In the novel identity is a theme. We have the Bay Area full of characters from many cultures (and some of those also mythical creatures) all deciding who they want to be? What interests you on that subject?

I’ve spent my adult life working in “identity politics”; more specifically, working in the cultural corner of the Asian American section of the social justice world. Our project there is to make space for the Asian American voice in our broader society, and to normalize being Asian American, being people of color, being more recent immigrants, in American society. So naturally I wanted to reflect both this social justice project, and the reality of living in a very diverse community in a very diverse region. On a very basic level, the Bay Area you see in MONKEY is the Bay Area that I live in, minus the magic and monsters (we have our own form of magic, and our own type of monsters.)

What else can we look forward to you in the future and where can we find out more?

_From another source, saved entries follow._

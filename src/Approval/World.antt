-- ===== src/Approval/World.antt =====
-- The systems that the MCA controller calls, as an interface, and its object as a controller's.
use quorum_based_manifests_g.Common.{ℕ, ℤ, List, Option, String, Result}
use quorum_based_manifests_g.Api.{ManifestRef, FileChange}
use quorum_based_manifests_g.Api.Approval.{
  ManifestChangeApproval, ManifestObject, text, same_state, ActionState,
}
use quorum_based_manifests_g.Api.Template.{ManifestRequestTemplate, Application}
use quorum_based_manifests_g.Kube.{Kube}
use quorum_based_manifests_g.Controller
use quorum_based_manifests_g.Controller.{Host}

-- The Kubernetes client, the repository manager with its providers, the notifier and the clock.
pub record World : Type 1 where
  pub kube : Kube
  pub State : Type 0
  pub Repository : Type 0
  pub get_mca : ManifestRef → State → Result ManifestChangeApproval × State
  pub status_update : ManifestChangeApproval → State → Result ManifestChangeApproval × State
  pub update : ManifestChangeApproval → State → Result ManifestChangeApproval × State
  pub get_mrt : ManifestRef → State → Result ManifestRequestTemplate × State
  pub get_application : ManifestRef → State → Result Application × State
  pub patch_application : Application → Application → State → Result (Unit {0}) × State
  -- The provider may be nil.
  pub get_provider_for_mrt : ManifestRequestTemplate → State → Result (Option Repository) × State
  pub push_mca : Repository → ManifestObject → State → Result String × State
  pub get_changed_files :
      Repository
      → String
      → String
      → String
      → State
      → Result (List FileChange × List (String × String)) × State
  pub push_summary_file : Repository → String → String → String → ℤ → State → Result String × State
  pub notify_governors_mca : ManifestChangeApproval → State → Result (Unit {0}) × State
  pub now : State → ℕ × State

-- What a reconciliation does outside the status of its own object.
pub data Effect : Type 0 where
  pushed_mca : ManifestObject → Effect
  pushed_summary : String → ℤ → Effect
  patched : String → Effect
  updated : Effect
  notified : Effect

abbrev pub host : World → Host
host w = record {
  State = w.State;
  Object = ManifestChangeApproval;
  ActionState = ActionState;
  Effect = Effect;
  kube = w.kube;
  get = w.get_mca;
  status_update = w.status_update;
  update = w.update;
  now = w.now;
  updated = updated;
  key = λ mca. record { name = mca.metadata.name; namespace = mca.metadata.namespace };
  action_state = λ mca. mca.status.action_state;
  conditions = λ mca. mca.status.conditions;
  with_state = λ state conditions mca. record mca {
    status = record mca.status { action_state = state; conditions = conditions };
  };
  text = text;
  same_state = same_state;
  kind = "ManifestChangeApproval";
}

abbrev pub Action : World → Type 0 → Type 0
Action w = Controller.Action (host w)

Right now I’m working on finishing up the sequel to MONKEY AROUND, currently titled MONKEY TIME. After that, we’ll see how sales go and if my publisher wants to put out a series. When I’m done with MONKEY TIME, I’ll either work on my alternate history Mars novel, or a dark urban fantasy taking place in Berlin. The latter will require another trip to Berlin, though, so a lot will depend upon how the pandemic develops. You can keep up with me easily though: I’m about to launch a new website at clairelight.org and you can always catch me offering unsolicited opinions at @seelight on Twitter. I’ll also be reading at San Francisco’s Litcrawl on Oct. 23, and attending Discon online in December (the weekend before Xmas.) Hope to see you all out there!

If there was one book (not your own) that you wish you could get everyone to read what would it be?

Only one? Whew! I think everyone should read One Hundred Years of Solitude by Gabriel Garcia Marquez. A perfect novel, and sublime.